Did you see the report on school libraries that came out last week? The headline facts are worrying, don’t you think?

Schools with a higher proportion of children on free school meals are more than twice as likely not to have access to a designated library space. One in eight schools has no library at all.

And employment terms for librarians and library staff fall below national standards, with low pay and little investment in professional development and training.

The first of these points is a familiar one. It’s as if there’s some law or commandment which stipulates that children who come from homes with the least money should go to the schools with the least money, too. The employment standards problems are also worrying: they suggest that there is no commitment from government that the specialised knowledge and practice of librarians is a priority.

I’ve been round this block many times before. I even met your schools minister, Nick Gibb, to discuss how we might all cooperate to foster reading for pleasure. He seemed to be in complete agreement that reading for pleasure was a key element in helping children access the curriculum.

It’s not a mystery as to why or how this happens. Children who know how to browse and choose books, and who read widely and often, are immersed in what we might call the strategies of continuous prose. This is a form of language very different from everyday conversation, and to “get” it needs loads of practice reading and writing.
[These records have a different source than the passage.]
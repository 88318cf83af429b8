-- ===== src/Auth/Clients.antt =====
-- What `AuthAuthenticate` does to the clients of a user.
use yggdrasil_authentication.Base.{
  ◌≡◌, ◌≢◌, refl, Bool, true, false, none, some, List, [], ◌∷◌, ◌++◌, map, ◌==◌, text_eq,
  text_beq_iff, Text, arith, ap, if◌then◌else◌, Bool-cases, inl, inr,
}
use yggdrasil_authentication.Types.{Client}
use yggdrasil_authentication.Util.{contains}
use yggdrasil_authentication.Auth.{bump, new_client, bump_clients, use_client_token}

abbrev pub tokens : List Client → List Text
tokens = map (λ (c : Client). c.client_token)

-- How the clients change when a request names a token that one of them has: `Uses m t cs cs' c`,
-- for the setting AllowMultipleAccessTokens `m`. The first client with the token moves to its next
-- version, those before it do so unless multiple tokens are allowed, and those after it stay.
pub data Uses (allow_multiple : Bool) (t : Text) : List Client → List Client → Client → Type 0 where
  this :
      {c : Client} {cs : List Client}
      → c.client_token ≡ t
      → Uses allow_multiple t (c ∷ cs) (bump c ∷ cs) (bump c)
  later :
      {c d : Client} {cs cs' : List Client}
      → c.client_token ≢ t
      → Uses allow_multiple t cs cs' d
      → Uses allow_multiple t (c ∷ cs) ((if allow_multiple then c else bump c) ∷ cs') d

bump_clients-Uses :
    (allow_multiple : Bool) (t : Text) (cs : List Client)
    → contains (tokens cs) t ≡ true
    → (cs' : List Client) × (c : Client) × (bump_clients allow_multiple t cs ≡ (cs', some c))
      × Uses allow_multiple t cs cs' c
unfolding bump_clients contains
bump_clients-Uses allow_multiple t [] h = cc
bump_clients-Uses allow_multiple t (c ∷ cs) h = elim (Bool-cases (c.client_token == t)) [
  | inl same ↦ (bump c ∷ cs, bump c, ground arith, this ((text_beq_iff c.client_token t).0 same))
  | inr other ↦
      let (cs', d, e, uses) = bump_clients-Uses allow_multiple t cs (ground arith) in
      (
        (if allow_multiple then c else bump c) ∷ cs',
        d,
        ground (arith, e),
        later (λ same. cc (other, (text_beq_iff c.client_token t).1 same)) uses,
      )
]

-- For a token that some client has, `AuthAuthenticate` makes that change, and uses the client that
-- it moved to its next version.
pub use_client_token-Uses :
    (allow_multiple : Bool) (t : Text) (cs : List Client)
    → contains (tokens cs) t ≡ true
    → (cs' : List Client) × (c : Client) × (use_client_token allow_multiple t cs ≡ (cs', c))
      × Uses allow_multiple t cs cs' c
unfolding use_client_token
use_client_token-Uses allow_multiple t cs h =
    let (cs', c, e, uses) = bump_clients-Uses allow_multiple t cs h in
    (cs', c, ground (arith, e), uses)

-- The clients without a match: all of them bumped, unless multiple tokens are allowed.
abbrev pub untouched : Bool → List Client → List Client
untouched allow_multiple cs = if allow_multiple then cs else map bump cs

bump_clients_absent :
    (allow_multiple : Bool) (t : Text) (cs : List Client)
    → contains (tokens cs) t ≡ false
    → bump_clients allow_multiple t cs ≡ (untouched allow_multiple cs, none)
unfolding bump_clients contains
bump_clients_absent true t [] h = refl
bump_clients_absent false t [] h = refl
bump_clients_absent true t (c ∷ cs) h = ground (arith, bump_clients_absent true t cs)
bump_clients_absent false t (c ∷ cs) h = ground (arith, bump_clients_absent false t cs)

-- For a token that no client has, a client of version 0 is added behind the others, and the others
-- move to their next version unless multiple tokens are allowed.
pub use_client_token_absent :
    (allow_multiple : Bool) (t : Text) (cs : List Client)
    → contains (tokens cs) t ≡ false
    → use_client_token allow_multiple t cs
      ≡ (untouched allow_multiple cs ++ new_client t ∷ [], new_client t)
unfolding use_client_token
use_client_token_absent allow_multiple t cs h =
    ground (arith, bump_clients_absent allow_multiple t cs h)

pub tokens-untouched :
    (allow_multiple : Bool) (cs : List Client) → tokens (untouched allow_multiple cs) ≡ tokens cs
tokens-untouched true cs = refl
tokens-untouched false [] = refl
tokens-untouched false (c ∷ cs) = ap (λ ts. c.client_token ∷ ts) (tokens-untouched false cs)
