-- ===== src/Platform/Laws.antt =====
-- Documented behaviour of the libraries behind Platform, as named hypotheses.
use yggdrasil_authentication.Base.{
  ℕ, ◌⊎◌, ◌≡◌, ◌↔◌, ◌+◌, ◌<◌, ◌^◌, true, false, none, some, List, [], ◌∷◌, ◌++◌, map, Text, text_eq,
}
use yggdrasil_authentication.Base.Int.{ℤ, ◌≤ℤ◌, ◌<ℤ◌}
use yggdrasil_authentication.Types.{Time, ok, err, record_not_found, TokenClaims, Client, User}
use yggdrasil_authentication.Util.{contains}
use yggdrasil_authentication.Platform.{
  Platform, Jwt, CachedResponse, by_player_name, by_username, by_browser_token,
}

module _ (J : Jwt) where
  -- The dates of the claims are as `NewNumericDate` makes them.
  pub record HasNumericDates (c : TokenClaims) : Type 0 where
    pub issued : J.new_numeric_date c.issued_at ≡ c.issued_at
    pub expires : J.new_numeric_date c.expires_at ≡ c.expires_at
    pub stale : (t : Time) → c.stale_at ≡ some t → J.new_numeric_date t ≡ t

-- golang-jwt: `NewNumericDate` truncates to a coarser precision, and what it returns is unchanged
-- by it; a token that was signed by a key, with such dates and a subject that is valid UTF-8, is
-- parsed by the public half to the same claims until it expires; and an expired one is not valid.
-- Parsing a signed token never gives other claims than those that were signed, and parsing any
-- token gives the same claims whenever it succeeds.
pub record JwtLaws (P : Platform) : Type 0 where
  pub numeric_date_le : (t : Time) → P.new_numeric_date t ≤ℤ t
  pub numeric_date_idem :
      (t : Time) → P.new_numeric_date (P.new_numeric_date t) ≡ P.new_numeric_date t
  pub parse_signed :
      (c : TokenClaims) (k : P.PrivateKey) (t : Text) (at : Time)
      → P.signed_string c k ≡ ok t
      → HasNumericDates P.jwt c
      → P.utf8_valid c.subject ≡ true
      → at <ℤ c.expires_at
      → P.parse_with_claims t (P.public k) at ≡ ok (record { valid = true; claims = some c })
  pub parse_faithful :
      (c c' : TokenClaims) (k : P.PrivateKey) (t : Text) (at : Time)
      → P.signed_string c k ≡ ok t
      → HasNumericDates P.jwt c
      → P.utf8_valid c.subject ≡ true
      → P.parse_with_claims t (P.public k) at ≡ ok (record { valid = true; claims = some c' })
      → c' ≡ c
  pub parse_stable :
      (c c' : TokenClaims) (k : P.PublicKey) (t : Text) (at at' : Time)
      → P.parse_with_claims t k at ≡ ok (record { valid = true; claims = some c })
      → P.parse_with_claims t k at' ≡ ok (record { valid = true; claims = some c' })
      → c ≡ c'
  pub parse_expires :
      (c : TokenClaims) (k : P.PublicKey) (t : Text) (at : Time)
      → P.parse_with_claims t k at ≡ ok (record { valid = true; claims = some c })
      → at <ℤ c.expires_at

-- GORM and the schema of model.go, for clients: a client is found under its primary key, with the
-- user that its foreign key names; saving a loaded client with its user replaces its row;
-- `Update("version", gorm.Expr("version + ?", 1))` adds one to every client of the user, as long as
-- that fits the column; and saving a user with one more client creates the client's row.
pub record ClientLaws (P : Platform) : Type 0 where
  pub first_client_key :
      (t : Text) (db : P.Db) (c : Client) (u : User)
      → P.first_client_with_user t db ≡ ok (c, u)
      → (c.client_token ≡ t) × (c.user_uuid ≡ u.uuid)
  pub save_client_stores :
      (old new : Client) (u : User) (db db' : P.Db)
      → P.first_client_with_user new.client_token db ≡ ok (old, u)
      → new.user_uuid ≡ old.user_uuid
      → P.save_client (new, u) db ≡ (none, db')
      → P.first_client_with_user new.client_token db' ≡ ok (new, u)
  pub increment_versions_bumps :
      (t : Text) (c : Client) (u : User) (db db' : P.Db)
      → P.first_client_with_user t db ≡ ok (c, u)
      → c.version + 1 < 2 ^ 63
      → P.increment_versions u.uuid db ≡ (none, db')
      → P.first_client_with_user t db' ≡ ok (record c { version = c.version + 1 }, u)
  pub save_user_adds_client :
      (user : User) (others : List Client) (c : Client) (db db' : P.Db)
      → user.clients ≡ others ++ c ∷ []
      → contains (map (λ (d : Client). d.client_token) others) c.client_token ≡ false
      → P.first_client_with_user c.client_token db ≡ err record_not_found
      → P.save_user user db ≡ (none, db')
      → (u : User) × (P.first_client_with_user c.client_token db'
          ≡ ok (record c { user_uuid = user.uuid }, u))

-- The cache of answers: what is found under a key after a write is what was written under it, or
-- could be found before.
pub record CacheLaws (P : Platform) : Type 0 where
  pub cache_get-set :
      (m m' : ℕ) (url key : Text) (response found : CachedResponse) (ttl : ℤ) (cache : P.Cache)
      → P.cache_get m url (P.cache_set m' key response ttl cache) ≡ some found
      → ((url ≡ key) × (found ≡ response))
        ⊎ ((earlier : ℕ) × (P.cache_get earlier url cache ≡ some found))

-- GORM, for the row of a user that was loaded: after it is saved with another server id, it is found
-- by its player name, and after it is saved with a browser token that no user had, by that token;
-- without the association that a query does not preload.
pub record UserLaws (P : Platform) : Type 0 where
  pub save_user_finds_name :
      (t : Text) (c : Client) (old new : User) (db db' : P.Db)
      → P.first_client_with_user t db ≡ ok (c, old)
      → new ≡ record old { server_id = new.server_id }
      → P.save_user new db ≡ (none, db')
      → P.first_user (by_player_name new.player_name) db' ≡ ok (record new { clients = [] })
  pub save_user_finds_token :
      (username token : Text) (old : User) (db db' : P.Db)
      → P.first_user (by_username username) db ≡ ok old
      → P.first_user (by_browser_token token) db ≡ err record_not_found
      → P.save_user (record old { browser_token = record { string = token; valid = true } }) db
        ≡ (none, db')
      → P.first_user (by_browser_token token) db'
        ≡ ok (record old { browser_token = record { string = token; valid = true }; clients = [] })

-- RSA keys: `Equal` is equality, parsing a marshalled key gives it back, and so does decoding an encoded
-- text.
pub record KeyLaws (P : Platform) : Type 0 where
  pub key_equal_iff : (k l : P.PublicKey) → (P.key_equal k l ≡ true) ↔ (k ≡ l)
  pub parse_marshal :
      (k : P.PublicKey) (der : Text)
      → P.marshal_pkix_public_key k ≡ ok der
      → P.parse_pkix_public_key der ≡ ok (some k)
  pub base64_decode-base64_encode : (b : Text) → P.base64_decode (P.base64_encode b) ≡ ok b

-- GORM, for the row of a user that was loaded with a client: after it is saved with another player name,
-- which is unique among the rows, it is found by that name, without its association.
pub record NameLaws (P : Platform) : Type 0 where
  pub save_user_renames :
      (t name : Text) (c : Client) (old : User) (at : Time) (db db' : P.Db)
      → P.first_client_with_user t db ≡ ok (c, old)
      → P.save_user (record old { player_name = name; name_last_changed_at = at }) db ≡ (none, db')
      → P.first_user (by_player_name name) db'
        ≡ ok (record old { player_name = name; name_last_changed_at = at; clients = [] })

-- net/url: `QueryUnescape` reads what `QueryEscape` writes, which is empty for the empty text alone.
pub record QueryLaws (P : Platform) : Type 0 where
  pub query_unescape-query_escape : (s : Text) → P.query_unescape (P.query_escape s) ≡ ok s
  pub query_escape_empty : P.query_escape [] ≡ []
  pub query_escape_some : (s : Text) → P.query_escape s ≡ [] → s ≡ []

-- The file of the key: what `os.WriteFile` wrote is read again, and parsing a marshalled key gives it
-- back.
pub record KeyFileLaws (P : Platform) : Type 0 where
  pub read_file-write_file :
      (path contents : Text) (files files' : P.Files)
      → P.write_file path contents files ≡ (none, files')
      → P.read_file path files' ≡ ok contents
  pub parse_marshal_private :
      (k : P.PrivateKey) (der : Text)
      → P.marshal_pkcs8_private_key k ≡ ok der
      → P.parse_pkcs8_private_key der ≡ ok (some k)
Related: Dear Damian Hinds, What’s so difficult about giving every child a library ticket? | Michael Rosen

Reading a lot also creates a body of knowledge of both a “how” and a “what”. The how is how writing builds scenes, makes points, unfolds and concludes. The “what” is the emotions, facts, principles and ideas we meet as we read. This is a reservoir of knowledge and understanding children will draw on as they encounter the curriculum.

If you want to check up on what I’m saying here, I provided Nick Gibb with some research from Mariah Evans et al from the University of Nevada on the benefits for children of being exposed to many books.

If children don’t have books at home, where are they going to find them? It is “kinda obvious”, as my children would say: libraries. It’s also obvious to me that compulsion from the state is needed here.

One of the curiosities of life is that schools are not obliged to have libraries, but prisons are. Step one, then, is to make it compulsory for schools, too. This has to be backed up withstep two: ringfenced money to support schools’ libraries, along with the hiring and training of librarians.

Before you object to such state nannying, I should remind you that on a related matter, the government did find ringfenced money to support reading. They put in place the phonics screening check at the end of year 1 and created a fund to subsidise, at a rate of 50%, schools’ purchase of the phonics resources that the government approved of.

Interestingly, though children have a very high success rate when they are five and six at “decoding” words (knowing how to say them), when it comes to the tests when they’re 10 and 11 and have to show that they understand what they’re reading, the scores are not so high.

Can this be because many children are not spending time immersed in reading, building that “reservoir” I mentioned? I think so. We urgently need libraries and librarians in all schools, for all our children.